Fransa’nın bu pragmatist ve görece realist seçim stratejilerinin arka planındaki bir diğer husus ise Türkiye’nin Libya’daki askerî varlığıdır. Libya’nın güvenlik sektörünün yeniden yapılanmasında söz sahibi olmak isteyen Fransa, her fırsatta Türkiye’nin askerî birlikleriyle ülkedeki yabancı paralı askerleri, söylem bazında eşdeğer göstererek Türkiye üzerindeki uluslararası baskıları artırmayı hedeflemektedir. Bu noktada daha önce Macron tarafından sunulan üç aşamalı tahliye planında önce Suriyeli paralı askerlerin, daha sonra Rusya destekli Wagner milis grubunun ve son olarak Türk silahlı birliklerin ülkeden tahliyesi öngörülmektedir. İlgili planda Hafter’e bağlı Çadlı, Sudanlı ve Suriyeli paralı askerlerin yanı sıra Hafter’e bağlı yerel birliklerin geleceğine dair belli bir şema çizilmemiştir. Cumhurbaşkanı Macron, bu tahliye planının uygulanması noktasında ABD Başkanı Biden’ın desteğini arkasına almayı planlamıştır.

Sonuç
Son dönemde Libya’da pragmatist ve kapsayıcı politikalar izleme noktasında adımlar atan Fransa’nın bazı temel sorunlarla karşılaşması olasılığı yüksektir. Son 10 yıllık agresif Libya politikalarının başarısız kaldığını gören Fransa, Libya başkanlık seçimlerine yönelik daha kapsayıcı ve tarafsız bir yaklaşım izlemeye çalışmaktadır.
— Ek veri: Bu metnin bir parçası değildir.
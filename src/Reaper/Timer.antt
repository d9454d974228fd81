-- ===== src/Reaper/Timer.antt =====
-- dead_pool_reaper.go, newDeadPoolReaper and loop: when the reaper reaps. A tick of the timer comes with
-- the clock and what rand.IntN(30) gives; times are in seconds. An error of reap is only logged.
use work.Prelude.{ℕ, ◌+◌, ◌*◌, List, [], ◌∷◌}
use work.Text.{Text}
use work.Redis.{Redis, Store, Key}
use work.Conn.{Result, World}
use work.Reaper.Pools.{reap}

abbrev pub dead_time_seconds : ℕ
dead_time_seconds = 10

abbrev pub reap_period_seconds : ℕ
reap_period_seconds = 10 * 60

-- With the seconds to the timer's next tick.
pub record DeadPoolReaper : Type 0 where
  pub namespace : Text
  pub dead_time : ℕ
  pub reap_period : ℕ
  pub cur_job_types : List Text
  pub timer : ℕ

unfoldable pub new_dead_pool_reaper : Text → List Text → DeadPoolReaper
new_dead_pool_reaper namespace cur_job_types = record {
  namespace = namespace;
  dead_time = dead_time_seconds;
  reap_period = reap_period_seconds;
  cur_job_types = cur_job_types;
  timer = dead_time_seconds;
}

pub record Tick : Type 0 where
  pub now : ℕ
  pub jitter : ℕ

abbrev regardless : Result (Unit {0}) × World → World
regardless r = r.1

module _ (redis : Redis) (smembers : Key → Store → List Text) (fuel : ℕ) where
  unfoldable pub reaper_turn : Tick → DeadPoolReaper → World → DeadPoolReaper × World
  unfolding reap
  reaper_turn t r w = (
    record r { timer = r.reap_period + t.jitter },
    regardless (reap redis r.namespace smembers fuel r.dead_time t.now r.cur_job_types w),
  )

  -- The ticks until it is stopped.
  unfoldable pub reaper_turns : List Tick → DeadPoolReaper → World → DeadPoolReaper × World
  unfolding reaper_turn
  reaper_turns [] r w = (r, w)
  reaper_turns (t ∷ ts) r w = let (q, v) = reaper_turn t r w in reaper_turns ts q v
Bu yaklaşımıyla seçim sonrası oluşacak yönetimde söz sahibi olmak isteyen Fransa, Türkiye’ye benzer şekilde Libya’daki askerî angajmanını artırarak ülkede askerî üs edinmeyi amaçlamaktadır. Ancak bu doğrultuda Macron tarafından görevlendirilen Paul Soler’in batılı adaylara yaklaşma girişimlerinin Libya halkı nezdinde olumsuz bir algı oluşturduğu söylenebilir. Öyle ki Libya’nın çeşitli bölgelerinde tartışmalı seçim yasasına karşı başlayan protestolarda Fransa ve Macron karşıtı sloganların ön plana çıktığı görülmüştür. Öte yandan, Fransa’nın 2019 Trablus işgaliyle Hafter’e sağladığı destek, ülkenin batısındaki Trablus, Mısrata ve Zaviye şehirlerinde Fransa algısını olumsuz etkilemeye devam etmektedir. Bununla beraber Macron yönetimi, Akile Salih tarafından çıkarılan tek taraflı seçim yasasını desteklediğini ilan etmiş gerek aday kriterleri gerekse zamanlama bakımından Libya gündemini işgal eden tartışmaların alevlenmesine yol açmıştır. Seçimlerin ileriki bir tarihe ertelenmesinin kesinleşmesi ve ülkede güvenliğin daha nazik ve karmaşık bir hâl alması nedeniyle Fransa’nın, ülkenin güneyindeki milis ve kabile grupları arasındaki çatışmalara seyirci kalması oldukça düşük bir ihtimaldir.